Inherently inefficient calling convention in Rust?

Because I want the callee to use the object in full and drop it.
I also saw some examples where moving was used extensively to implement type states, but if I had to make all the functions inline, doesn't it ruin incremental compilation of a multi-crate project?

If you mean that this is the same as {*foo}.x (move out of the box, then partially move out of the struct (temporary)), know that:

struct Point {
    x: Vec<()>, // glorified non-`Copy` usize :P
    y: Vec<()>,
    z: Vec<()>,
}

fn check (it: Box<Point>)
{
    let _x = (*it).x;
    let _y = (*it).y;
}

compiles fine, meaning there is indeed a partial move out of the boxed struct.

1 Like

Moving that just reuses the address, and needs to ensure that the original hasn't been changed or moved sounds like… borrowing!

Semi-serious: could Rust run an optimization pass of actual borrow-checker on moves and optimize moves to references where it can see it's safe?

3 Likes

OK, maybe I asked the question the wrong way. My thoughts were that moving in rust is a zero-overhead abstraction, which, for example, can be used such a way: Typestate Programming - The Embedded Rust Book
It seems, I was wrong :frowning:

It is zero-overhead after LLVM optimizes it down to zero.

Everything that Rust compiler does has a ton of overhead and garbage in debug mode, and then in release mode LLVM is given the task of cleaning all of that up down to zero.

5 Likes

The OP example was compiled with optimizations enabled.
All that bothers me is that inlining seems to be critical for such simple optimizations. This is basically means that big Rust programs that want to be effective are doomed to compile eternally, since no incremental compilation is possible.

It seems worth restating with emphasis that you can already make Rust do pass-by-reference just by putting &s in your function signatures. Big programs are certainly not "doomed to compile eternally", except in the trivial sense that we're all human and "doomed" to make some mistakes we won't know to fix until we run a profiler, and optimizers will always have to choose whether the runtime benefit of an optimization outweights the compile-time cost.

In terms of improving compile-time for big projects, this is among the lowest hanging fruit, so I'm sure every project that cares has consciously done this ages ago where it matters. From what I've read, they typically spend much more time worrying about things like how many dependencies they have, what macros they're using, monomorphization of generics, and how to break up large bottleneck crates into smaller crates that can be built in parallel.

6 Likes

#[inline(never)] disables the basic transformation that allows all other compiler optimizations.

4 Likes

I write this with assumption that the function is on a crate boundary.

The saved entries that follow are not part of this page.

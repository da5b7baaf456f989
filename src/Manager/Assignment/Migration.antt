-- ===== src/Manager/Assignment/Migration.antt =====
-- The sets of old and new replicas, by which the workers move their records.
use rust_accelerator_no_sql.Map
use rust_accelerator_no_sql.Map.Entries
use rust_accelerator_no_sql.Prelude.{
  Bool-cases, ◌∙◌, Option-cases, not, contains, ◌||◌, ◌&&◌, ◌==◌, inr, inl, arith, refl,
  if◌then◌else◌, ◌∷◌, [], List, some, none, Option, false, Bool, ◌≡◌,
}
use rust_accelerator_no_sql.Map.{contains_key-is_empty, contains-keys, Map}
use rust_accelerator_no_sql.Common.{PartitionId, NodeId, Partition}
use rust_accelerator_no_sql.Manager.Assignment.{
  record_new_replica, joining_replicas, promoted_master, record_new_replicas, new_owners,
  copy_current_mapping_to_old, retain_current, add_all_owners, add_owners, owners,
}
use rust_accelerator_no_sql.Map.Set.{
  contains_key-empty, contains_key-filter_set, extend, add, contains_key-extend, filter_set,
  contains_key-add, Set,
}
use rust_accelerator_no_sql.Manager.{State}

-- The node is in the set that the map has for the partition.
unfoldable pub holds : Map Set → PartitionId → NodeId → Bool
holds sets p id = elim (Map.get sets p) [ none ↦ false | some s ↦ Map.contains_key s id ]

-- The node is an owner, by what a lookup in the mapping gives.
unfoldable pub owns : Option Partition → NodeId → Bool
owns none id = false
owns (some part) id = part.master == id || Map.contains_key part.replicas id

pub contains_key-owners :
    (part : Partition) (id : NodeId) → Map.contains_key (owners part) id ≡ owns (some part) id
unfolding owners owns
contains_key-owners part id = contains_key-add part.replicas part.master id

holds-insert :
    (sets : Map Set) (p q : PartitionId) (s : Set) (id : NodeId)
    → holds (Map.insert sets p s) q id ≡ (if p == q then Map.contains_key s id else holds sets q id)
unfolding holds
holds-insert sets p q s id = ground (arith, Map.get-insert sets p q s)

holds-add_owners :
    (old : Map Set) (p q : PartitionId) (part : Partition) (id : NodeId)
    → holds (add_owners old p part) q id
      ≡ (if p == q then owns (some part) id || holds old q id else holds old q id)
unfolding add_owners holds owns
holds-add_owners old p q part id = elim (Option-cases (Map.get old p)) [
  | inl e ↦ ground (arith, e, holds-insert old p q (owners part) id, contains_key-owners part id)
  | inr (s, e) ↦ ground (
    arith,
    e,
    holds-insert old p q (add (extend s (Map.keys part.replicas)) part.master) id,
    contains_key-add (extend s (Map.keys part.replicas)) part.master id,
    contains_key-extend s (Map.keys part.replicas) id,
    contains-keys part.replicas id,
  )
]

-- Every owner in the entries has become an old replica.
holds-add_all_owners :
    (es : List (PartitionId × Partition)) (old : Map Set) (q : PartitionId) (id : NodeId)
    → Entries.IsSorted es
    → holds (add_all_owners es old) q id ≡ (owns (Entries.lookup q es) id || holds old q id)
unfolding add_all_owners Entries.lookup owns
holds-add_all_owners [] old q id s = refl
holds-add_all_owners ((p, part) ∷ es) old q id s = ground (
  arith,
  holds-add_all_owners es (add_owners old p part) q id,
  holds-add_owners old p q part id,
  Entries.lookup_above p es,
)

holds-retain_current :
    (old : Map Set) (ids : List NodeId) (q : PartitionId) (id : NodeId)
    → holds (retain_current old ids) q id ≡ (contains ids id && holds old q id)
unfolding retain_current holds
holds-retain_current old ids q id = elim (Option-cases (Map.get old q)) [
  | inl e ↦ ground (
    arith,
    e,
    Map.get-retain (λ _ s. not (Map.is_empty s))
        (Map.map_values (λ _ s. filter_set (contains ids) s) old) q,
    Map.get-map_values (λ _ s. filter_set (contains ids) s) old q,
  )
  | inr (s, e) ↦ ground (
    arith,
    e,
    Map.get-retain (λ _ s. not (Map.is_empty s))
        (Map.map_values (λ _ s. filter_set (contains ids) s) old) q,
    Map.get-map_values (λ _ s. filter_set (contains ids) s) old q,
    contains_key-is_empty (filter_set (contains ids) s) id,
    contains_key-filter_set (contains ids) s id,
  )
]

-- After the copy a node is an old replica of a partition exactly when it is still a worker and
-- was an owner or an old replica before.
pub holds-copy_current_mapping_to_old :
    (state : State) (ids : List NodeId) (q : PartitionId) (id : NodeId)
    → holds (copy_current_mapping_to_old state ids).partitions.old_replicas q id ≡ (
        contains ids id
        && (owns (Map.get state.partitions.mapping q) id
            || holds state.partitions.old_replicas q id))
unfolding copy_current_mapping_to_old Map.get
holds-copy_current_mapping_to_old state ids q id = ground (
  arith,
  holds-retain_current
      (add_all_owners state.partitions.mapping.entries state.partitions.old_replicas) ids q id,
  holds-add_all_owners state.partitions.mapping.entries state.partitions.old_replicas q id
      state.partitions.mapping.sorted,
)

contains_key-promoted_master :
    (old new : Partition) (id : NodeId)
    → Map.contains_key (promoted_master old new) id ≡ (new.master == id && not (owns (some old) id))
unfolding promoted_master owns
contains_key-promoted_master old new id =
    ground (arith, contains_key-add Map.empty new.master id, contains_key-empty id)

contains_key-joining_replicas :
    (old new : Partition) (id : NodeId)
    → Map.contains_key (joining_replicas old new) id
      ≡ (Map.contains_key new.replicas id && not (owns (some old) id))
unfolding joining_replicas owns
contains_key-joining_replicas old new id =
    contains_key-filter_set (λ r. not (r == old.master) && not (Map.contains_key old.replicas r))
      new.replicas id
    ∙ ground arith

-- A node is a new owner exactly when it owns the partition by the new mapping and not by the old.
pub contains_key-new_owners :
    (old new : Partition) (id : NodeId)
    → Map.contains_key (new_owners old new) id ≡ (owns (some new) id && not (owns (some old) id))
unfolding new_owners owns
contains_key-new_owners old new id = ground (
  arith,
  contains_key-extend (promoted_master old new) (Map.keys (joining_replicas old new)) id,
  contains-keys (joining_replicas old new) id,
  contains_key-promoted_master old new id,
  contains_key-joining_replicas old new id,
)

-- What is recorded for a partition: its new owners, if both mappings have it.
abbrev pub recorded : Option Partition → Option Partition → Option Set → Option Set
recorded none new kept = kept
recorded (some old) none kept = kept
recorded (some old) (some new) kept = some (new_owners old new)

get-record_new_replica :
    (new_mapping : Map Partition) (sets : Map Set) (p q : PartitionId) (old : Partition)
    → Map.get (record_new_replica new_mapping sets p old) q ≡ (
        if p == q
        then recorded (some old) (Map.get new_mapping q) (Map.get sets q)
        else Map.get sets q)
unfolding record_new_replica
get-record_new_replica new_mapping sets p q old = elim (Option-cases (Map.get new_mapping p)) [
  | inl e ↦ ground (arith, e)
  | inr (new, e) ↦ ground (arith, e, Map.get-insert sets p q (new_owners old new))
]

get-record_entries :
    (es : List (PartitionId × Partition)) (new_mapping : Map Partition) (sets : Map Set)
    (q : PartitionId)
    → Entries.IsSorted es
    → Map.get (record_new_replicas es new_mapping sets) q
      ≡ recorded (Entries.lookup q es) (Map.get new_mapping q) (Map.get sets q)
unfolding record_new_replicas Entries.lookup
get-record_entries [] new_mapping sets q s = refl
get-record_entries ((p, old) ∷ es) new_mapping sets q s =
    get-record_entries es new_mapping (record_new_replica new_mapping sets p old) q s.1
    ∙ elim (Bool-cases (p == q)) [
      | inl same ↦
          ground
            (arith, Entries.lookup_above p es s.0, get-record_new_replica new_mapping sets p q old)
      | inr differ ↦ rw (get-record_new_replica new_mapping sets p q old, differ)
    ]

-- The new replicas of a partition that both mappings have are its new owners; those of any other
-- partition stay.
pub get-record_new_replicas :
    (mapping new_mapping : Map Partition) (sets : Map Set) (q : PartitionId)
    → Map.get (record_new_replicas mapping.entries new_mapping sets) q
      ≡ recorded (Map.get mapping q) (Map.get new_mapping q) (Map.get sets q)
unfolding Map.get
get-record_new_replicas mapping new_mapping sets q =
    get-record_entries mapping.entries new_mapping sets q mapping.sorted
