-- ===== src/Manager/Cluster.antt =====
-- crates/no-sql-store/src/manager/service/cluster_state.rs: snapshots of the cluster, received
-- from the leader and sent to those who ask.
pub mod Acceptance
pub mod Membership
use rust_accelerator_no_sql.Map
use rust_accelerator_no_sql.Manager.{
  remove_partition_from_replica, cluster_state, new_connection, Set, ManagerProtocol, State,
}
use rust_accelerator_no_sql.Prelude.{
  if◌then◌else◌, contains, ◌++◌, ◌==◌, option_lt, ◌∷◌, ◌||◌, ◌&&◌, [], true, is_some, option_eq,
  ltb, none, not, some, map, Option, ℕ, List,
}
use rust_accelerator_no_sql.Map.{Map}
use rust_accelerator_no_sql.Common.{
  worker, manager, Partitions, NodeType, Me, PartitionId, Node, ClusterNode, NodeId,
}

-- The state with the snapshot's epoch and leader, if the snapshot is accepted.
unfoldable pub accept : State → ℕ → NodeId → Option State
accept state epoch leader_id =
    if not (is_some state.epoch) || option_lt state.epoch (some epoch)
    then some (record state { epoch = some epoch; elected_leader_id = some leader_id })
    else if option_eq state.epoch (some epoch) && option_eq state.elected_leader_id (some leader_id)
    then some state
    else none

abbrev pub item_ids : List ClusterNode → List NodeId
item_ids items = map (λ item. item.id) items

-- A complete snapshot keeps this node and the nodes that it names. An empty list of nodes is an
-- update of the partitions only.
unfoldable pub prune_nodes : Map Node → List ClusterNode → Me → Map Node
unfolding Map.retain
prune_nodes nodes [] me = nodes
prune_nodes nodes (item ∷ items) me =
    Map.retain (λ id _. id == me.id || contains (item_ids (item ∷ items)) id) nodes

-- An unknown manager is connected to; an unknown worker is recorded.
unfoldable pub add_node : Map Node → ClusterNode → NodeType → Map Node × List ManagerProtocol
unfolding Map.insert
add_node nodes item manager = (nodes, new_connection none item.host item.port true ∷ [])
add_node nodes item worker = (
  Map.insert nodes item.id (record {
    host = item.host;
    port = item.port;
    last_heartbeat = item.last_heartbeat;
    node_type = worker;
  }),
  [],
)

unfoldable pub merge_item : Map Node → ClusterNode → Map Node × List ManagerProtocol
unfolding add_node Map.get Map.insert
merge_item nodes item = elim (Map.get nodes item.id) [
  | some node ↦ (
    if ltb node.last_heartbeat item.last_heartbeat
        then Map.insert nodes item.id (record node { last_heartbeat = item.last_heartbeat })
        else nodes,
    [],
  )
  | none ↦ add_node nodes item item.node_type
]

unfoldable pub merge_items : Map Node → List ClusterNode → Map Node × List ManagerProtocol
unfolding merge_item
merge_items nodes [] = (nodes, [])
merge_items nodes (item ∷ items) =
    let (nodes', output) = merge_item nodes item in
    let (merged, outputs) = merge_items nodes' items in (merged, output ++ outputs)

unfoldable pub handle_cluster_state :
    State → ℕ → NodeId → List ClusterNode → Partitions → Me → State × List ManagerProtocol
unfolding accept prune_nodes merge_items
handle_cluster_state state epoch leader_id items partitions me =
    elim (accept state epoch leader_id) [
      | none ↦ (state, [])
      | some accepted ↦
          let (nodes, output) = merge_items (prune_nodes accepted.nodes items me) items in
          (record accepted { partitions = partitions; nodes = nodes }, output)
    ]

unfoldable pub to_cluster_node : NodeId × Node → ClusterNode
to_cluster_node (id, node) = record {
  id = id;
  host = node.host;
  port = node.port;
  last_heartbeat = node.last_heartbeat;
  node_type = node.node_type;
}

-- A manager that knows no leader has nothing to tell.
unfoldable pub handle_get_cluster_state : State → NodeId → List ManagerProtocol
unfolding to_cluster_node
handle_get_cluster_state state id = elim state.epoch [
  | none ↦ []
  | some epoch ↦ elim state.elected_leader_id [
    | none ↦ []
    | some leader_id ↦
        cluster_state id (record {
          epoch = epoch;
          leader_id = leader_id;
          nodes = map to_cluster_node state.nodes.entries;
          partitions = state.partitions;
        })
        ∷ []
  ]
]

-- `old_replicas` without one replica of one partition, and without the partition when that was the last.
unfoldable pub remove_old_replica : Map Set → PartitionId → NodeId → Map Set
unfolding Map.get Map.insert Map.remove Map.contains_key Map.is_empty
remove_old_replica old_replicas partition_id replica_id = elim (Map.get old_replicas partition_id) [
  | none ↦ old_replicas
  | some replicas ↦
      let rest = Map.remove replicas replica_id in
      if Map.contains_key replicas replica_id && Map.is_empty rest
      then Map.remove old_replicas partition_id
      else Map.insert old_replicas partition_id rest
]

unfoldable pub handle_remove_old_partition :
    State → NodeId → NodeId → PartitionId → Me → State × List ManagerProtocol
unfolding remove_old_replica Map.keys Map.remove
handle_remove_old_partition state id replica_id partition_id me = (
  record state {
    partitions = record (state.partitions) {
      old_replicas = remove_old_replica state.partitions.old_replicas partition_id replica_id;
    };
  },
  if option_eq state.elected_leader_id (some me.id)
      then map (λ recipient_id. remove_partition_from_replica recipient_id replica_id partition_id)
          (Map.keys (Map.remove (Map.remove (Map.remove state.nodes replica_id) id) me.id))
      else [],
)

Functions can be inlined even across the crate boundary if

  1. it is a generic function.
  2. it has #[inline] attribute attached.
  3. LTO is enabled when compiling binary, including the thinLTO.
2 Likes

That doesn't seem like a good strategy to me. Compile time is finite, so the optimizer always has a limit of how much garbage it can remove and how much code it can inline. So the bigger you project gets the higher the chance that some code will not be optimized fully.

I think ideally it should be a language feature, not an optimization, ie the copy should be elided even in debug builds with no optimizations enabled.

For example some time ago I noticed that calling a boxed FnOnce closure always copies its content from heap to the stack before the call. A similar C++ code doesn't do any copies even with -O0.

https://github.com/rust-lang/rust/issues/61042

2 Likes

The current state is temporary. Rust is working on MIR optimizations that will remove such things before LLVM.

2 Likes

I don't think it's desirable to increase the language's specification for performance tweak, without actual runtime performance improved. With optimization we can archive both concise language spec and fast runtime performance. Because the optimization doesn't change the observable behavior of the program except the performance.

But it's true that the LLVM is notably slow to optimize verbose code. That's why we're also working on MIR-level optimizations as @kornel mentioned. MIR has more informations than the LLVM IR like unmonomorphized generics and lifetime, optimization in this stage may improve the compile time.

2 Likes

Would it be possible for you and @kornel to give a ballpark idea of when such optimizations can be stabilized?

Well, first someone has to invest the time/money to actually implement them. One part of the picture is doing copy elision on MIR, which I'm currently playing around with, but I'm just doing that in my free time so I certainly won't give any estimates for that.

I know that there are also some ideas floating around for adjusting function ABIs to do copy elision for Result-returning functions, but I don't think work on that has started yet.

1 Like

This topic was automatically closed 90 days after the last reply. New replies are no longer allowed.